Pensando alle volte che vado a comprare dischi, le mie scelte a volte sono decise prima di mettere piede nel negozio. Ascolto il disco in streaming e mi piace così tanto da volerne avere una copia fisica. Altre volte invece si tratta di etichette indipendenti alle quali si è affezionati e quindi è anche un modo per sostenere un circuito che da solo farebbe fatica. Non credo si sia persa la dimensione di digging tra gli scaffali di un negozio, credo si sia spostata semplicemente tra i vari scaffali online. Credi ci sia invece ancora spazio, per quanto vedi anche succedere a Volume, di una situazione di scoperta in store?

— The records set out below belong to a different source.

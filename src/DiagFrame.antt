-- ===== src/DiagFrame.antt =====
-- firmware/src/diag_frame.c and diag_frame.h: the frame of the diagnostic dump. The bytes behind
-- `out` up to the moving pointer `p` are the list `p`; a `put` adds to its end.
pub mod Layout
mod Tests
use open_controller.Prelude.{ℕ, ◌+◌, ◌/◌, ◌^◌, List, [], ◌∷◌, ◌++◌, length, u8, u16}

-- `DIAG_FRAME_HEADER`, `DIAG_PAYLOAD_VERSION` and `DIAG_PAYLOAD_LEN`
abbrev pub frame_header : ℕ
frame_header = 0x5D

abbrev pub payload_version : ℕ
payload_version = 3

abbrev pub payload_len : ℕ
payload_len = 89

-- `diag_snapshot_t`
pub record Snapshot : Type 0 where
  pub rf_state : ℕ
  pub ll_boot_count : ℕ
  pub rf_pair_bcast_count : ℕ
  pub rf_valid_rx_count : ℕ
  pub entered_connected_count : ℕ
  pub rf_config_count : ℕ
  pub pwr_pair_rx_off_count : ℕ
  pub pwr_wfi_count : ℕ
  pub pwr_sleep_attempt : ℕ
  pub pwr_sleep_entered : ℕ
  pub pwr_sleep_aborted : ℕ
  pub pwr_wake_gpio : ℕ
  pub pwr_wake_rtc : ℕ
  pub pwr_last_abort_reason : ℕ
  pub rf_last_config_status : ℕ
  pub rf_last_rx_status : ℕ
  pub rf_last_tx_status : ℕ
  pub ll_drop_count : ℕ
  pub boot_reset_status : ℕ
  pub fault_marker : ℕ
  pub fault_mepc : ℕ
  pub fault_mcause : ℕ
  pub fault_mtval : ℕ
  pub pwr_loop_passes : ℕ
  pub pwr_loop_stage : ℕ
  pub ll_hid_rx : ℕ
  pub ll_hid_tx : ℕ
  pub ll_hid_rx_down : ℕ
  pub ll_hid_tx_down : ℕ
  pub ll_hid_tx_done_down : ℕ
  pub ll_hid_fifo_drop : ℕ

-- `put8`
abbrev pub put8 : List ℕ → ℕ → List ℕ
put8 p v = p ++ (v ∷ [])

-- `put16`
abbrev pub put16 : List ℕ → ℕ → List ℕ
put16 p v = (p ++ (u8 v ∷ [])) ++ (u8 (v / 2 ^ 8) ∷ [])

-- `put32`
abbrev pub put32 : List ℕ → ℕ → List ℕ
put32 p v = put16 (put16 p (u16 v)) (u16 (v / 2 ^ 16))

-- The loop of `finish`, from the sum so far.
unfoldable pub sum_from : ℕ → List ℕ → ℕ
sum_from sum [] = sum
sum_from sum (q ∷ l) = sum_from (u8 (sum + q)) l

-- `finish`: the frame, and its length as a byte.
unfoldable pub finish : List ℕ → List ℕ × ℕ
finish p = let out = p ++ (sum_from 0 p ∷ []) in (out, u8 (length out))

-- `DiagFrame_FormatEmpty`
unfoldable pub format_empty : List ℕ × ℕ
unfolding finish sum_from
format_empty = let p = put8 [] frame_header in finish (put8 p 0)

-- The bytes that `DiagFrame_Format` puts down before the checksum.
unfoldable pub put_snapshot : Snapshot → List ℕ
put_snapshot s =
    let p : List ℕ = [] in
    let p = put8 p frame_header in
    let p = put8 p payload_len in
    let p = put8 p payload_version in
    let p = put8 p s.rf_state in
    let p = put32 p s.ll_boot_count in
    let p = put32 p s.rf_pair_bcast_count in
    let p = put32 p s.rf_valid_rx_count in
    let p = put32 p s.entered_connected_count in
    let p = put32 p s.rf_config_count in
    let p = put32 p s.pwr_pair_rx_off_count in
    let p = put32 p s.pwr_wfi_count in
    let p = put16 p s.pwr_sleep_attempt in
    let p = put16 p s.pwr_sleep_entered in
    let p = put16 p s.pwr_sleep_aborted in
    let p = put16 p s.pwr_wake_gpio in
    let p = put16 p s.pwr_wake_rtc in
    let p = put8 p s.pwr_last_abort_reason in
    let p = put8 p s.rf_last_config_status in
    let p = put8 p s.rf_last_rx_status in
    let p = put8 p s.rf_last_tx_status in
    let p = put32 p s.ll_drop_count in
    let p = put8 p s.boot_reset_status in
    let p = put8 p s.fault_marker in
    let p = put32 p s.fault_mepc in
    let p = put32 p s.fault_mcause in
    let p = put32 p s.fault_mtval in
    let p = put16 p s.pwr_loop_passes in
    let p = put8 p s.pwr_loop_stage in
    let p = put32 p s.ll_hid_rx in
    let p = put32 p s.ll_hid_tx in
    let p = put32 p s.ll_hid_rx_down in
    let p = put32 p s.ll_hid_tx_down in
    let p = put32 p s.ll_hid_tx_done_down in let p = put32 p s.ll_hid_fifo_drop in p

-- `DiagFrame_Format`
unfoldable pub format : Snapshot → List ℕ × ℕ
format s = finish (put_snapshot s)
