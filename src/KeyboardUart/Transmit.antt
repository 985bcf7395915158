-- ===== src/KeyboardUart/Transmit.antt =====
-- Transmission on the UART, firmware/src/keyboard_uart.c: `uart_send_byte` and what is built on it.
-- The readings of the transmit FIFO and of the clock are an argument, in the order of the loop's
-- rounds; where they run out, there is no result.
pub mod Bounds
mod Tests
use open_controller.Prelude.{
  ℕ, ◌+◌, Bool, true, false, not, Option, none, some, List, [], ◌∷◌, leb, ◌==◌, if◌then◌else◌,
  length, u8, sub32,
}

-- A reading of the transmit FIFO, whether it is full, with one of the clock.
pub record Reading : Type 0 where
  pub full : Bool
  pub clock : ℕ

-- The loop of `uart_send_byte`, with its bound in ticks and its start.
unfoldable pub wait : ℕ → ℕ → List Reading → Option (Bool × List Reading)
wait bound start [] = none
wait bound start (r ∷ rs) =
    let rest = wait bound start rs in
    if not r.full
    then some (true, rs)
    else if leb bound (sub32 r.clock start)
    then some (false, rs)
    else rest

-- `uart_send_byte`: whether the byte has been written, and the readings that are left.
unfoldable pub send_byte : ℕ → List Reading → Option (Bool × List Reading)
send_byte bound [] = none
send_byte bound (r ∷ rs) =
    let waited = wait bound r.clock rs in if not r.full then some (true, rs) else waited

-- What is sent behind a byte that has been written, with that byte in front; nothing behind one
-- that has not.
abbrev pub in_front : ℕ → Option (List ℕ × List Reading) → Option (List ℕ × List Reading)
in_front b none = none
in_front b (some (bytes, rs)) = some (b ∷ bytes, rs)

abbrev pub behind :
    ℕ
    → Option (Bool × List Reading)
    → (List Reading → Option (List ℕ × List Reading))
    → Option (List ℕ × List Reading)
behind b none others = none
behind b (some (false, rs)) others = some ([], rs)
behind b (some (true, rs)) others = in_front b (others rs)

-- Bytes one behind the other until one is not written, as `uart_send_frame`, `KeyboardUart_SendAck`
-- and `KeyboardUart_SendRaw` send them: those written, and the readings that are left.
unfoldable pub send_all : ℕ → List ℕ → List Reading → Option (List ℕ × List Reading)
send_all bound [] rs = some ([], rs)
send_all bound (b ∷ bytes) rs = behind b (send_byte bound rs) (λ rs'. send_all bound bytes rs')

-- The bytes of `uart_send_frame`, which tells whether all three have been written.
abbrev pub frame_bytes : ℕ → ℕ → List ℕ
frame_bytes cmd val = cmd ∷ val ∷ u8 (cmd + val) ∷ []

-- Those of `KeyboardUart_SendAck`.
abbrev pub ack_bytes : List ℕ
ack_bytes = 0x61 ∷ 0x0D ∷ 0x0A ∷ []
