-- ===== src/SleepProtocol.antt =====
-- firmware/src/sleep_protocol.c and sleep_protocol.h: the capability gate and the arbitration of
-- sleep requests. `sleep_proto_t` is the record `SleepProto`; its flags are Booleans.
pub mod History
pub mod Actions
pub mod Ticks
mod Tests
use open_controller.Prelude.{
  ℕ, ◌+◌, Bool, true, false, not, ◌&&◌, ◌||◌, leb, ◌==◌, if◌then◌else◌, u32, sub32,
}

-- `SLEEP_PROTO_CMD_A6`, `SLEEP_PROTO_SUB_UNLOCK`, `SLEEP_PROTO_SUB_SLEEP`, `SLEEP_PROTO_SUB_AUTO`
-- and `SLEEP_PROTO_STATUS_READY`
abbrev pub cmd_a6 : ℕ
cmd_a6 = 0xA6

abbrev pub sub_unlock : ℕ
sub_unlock = 0x56

abbrev pub sub_sleep : ℕ
sub_sleep = 0x54

abbrev pub sub_auto : ℕ
sub_auto = 0x57

abbrev pub status_ready : ℕ
status_ready = 0x37

-- `sleep_proto_action_t`
pub data Action : Type 0 where
  none send_ready arm cancel : Action

-- `sleep_proto_t`
pub record SleepProto : Type 0 where
  pub unlocked : Bool
  pub sleep_pending : Bool
  pub autosleep : Bool

-- `SleepProtocol_Reset`
abbrev pub reset : SleepProto
reset = record { unlocked = false; sleep_pending = false; autosleep = false }

-- `SleepProtocol_IsStateChanging`
unfoldable pub is_state_changing : ℕ → ℕ → Bool
is_state_changing cmd sub =
    (cmd == 0xA1 || cmd == 0xA9)
    || cmd == 0xA6
      && (sub == 0x11
          || sub == 0x30
          || sub == 0x31
          || sub == 0x32
          || sub == 0x33
          || sub == 0x51
          || sub == 0x52
          || sub == 0x63
          || sub == 0x81)

-- The rest of `SleepProtocol_OnFrame` once auto-sleep is settled: A6 54 and cancellation.
unfoldable pub arbitrate : SleepProto → ℕ → ℕ → Bool → SleepProto × Action
arbitrate st cmd sub openboot_pending =
    if cmd == cmd_a6 && sub == sub_sleep
    then (if st.unlocked && not openboot_pending && not st.sleep_pending
        then (record st { sleep_pending = true }, arm)
        else (st, none))
    else if st.sleep_pending && is_state_changing cmd sub
    then (record st { sleep_pending = false }, cancel)
    else (st, none)

-- `SleepProtocol_OnFrame`
unfoldable pub on_frame : SleepProto → ℕ → ℕ → Bool → SleepProto × Action
unfolding arbitrate
on_frame st cmd sub openboot_pending =
    if cmd == cmd_a6 && sub == sub_unlock
    then (record st { unlocked = true; sleep_pending = false; autosleep = false }, send_ready)
    else if cmd == cmd_a6 && sub == sub_auto
    then (if st.unlocked then record st { autosleep = true } else st, none)
    else if cmd == cmd_a6 && (sub == 0x51 || sub == 0x52 || sub == 0x63)
    then arbitrate (record st { autosleep = false }) cmd sub openboot_pending
    else arbitrate st cmd sub openboot_pending

-- `SleepProtocol_ElapsedTicks`
unfoldable pub elapsed_ticks : ℕ → ℕ → ℕ → ℕ → ℕ
elapsed_ticks now start modulus backstep_tol =
    if leb start now
    then sub32 now start
    else if leb (sub32 start now) backstep_tol
    then 0
    else u32 (now + sub32 modulus start)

Una volta funzionava così. Andavi nei negozi e compravi perché ti fidavi del proprietario, oppure perché ti facevi ispirare da una copertina o perché avevi letto qualcosa su qualche rivista specializzata. Se ti andava bene trovavi le colonnine con gli ascolti dei cd della settimana. Non c’erano alternative. Ora quella dimensione si è un po’ persa, ma esiste ancora, e a mio avviso il negozio fisico dovrebbe servire proprio a tenerla in vita. Altrimenti uno sta a casa e si ascolta spotify o si ordina il disco su amazon, no? Non riesco tanto bene a conciliare l’esistenza dei negozi fisici con l’abbandono della dimensione della scoperta, che relega la curiosità alla propria cameretta e allo schermo del proprio computer per poi, nel negozio, ricercare solo una qualche sorta di conferma. Tutti i negozi che si rispettino hanno almeno un giradischi per l’ascolto e un negoziante (si spera) disponibile e felice di dispensare consigli. Io da cliente ne ho sempre approfittato. E ho scoperto cose incredibili che mi hanno aperto dei mondi e che da solo difficilmente avrei scoperto.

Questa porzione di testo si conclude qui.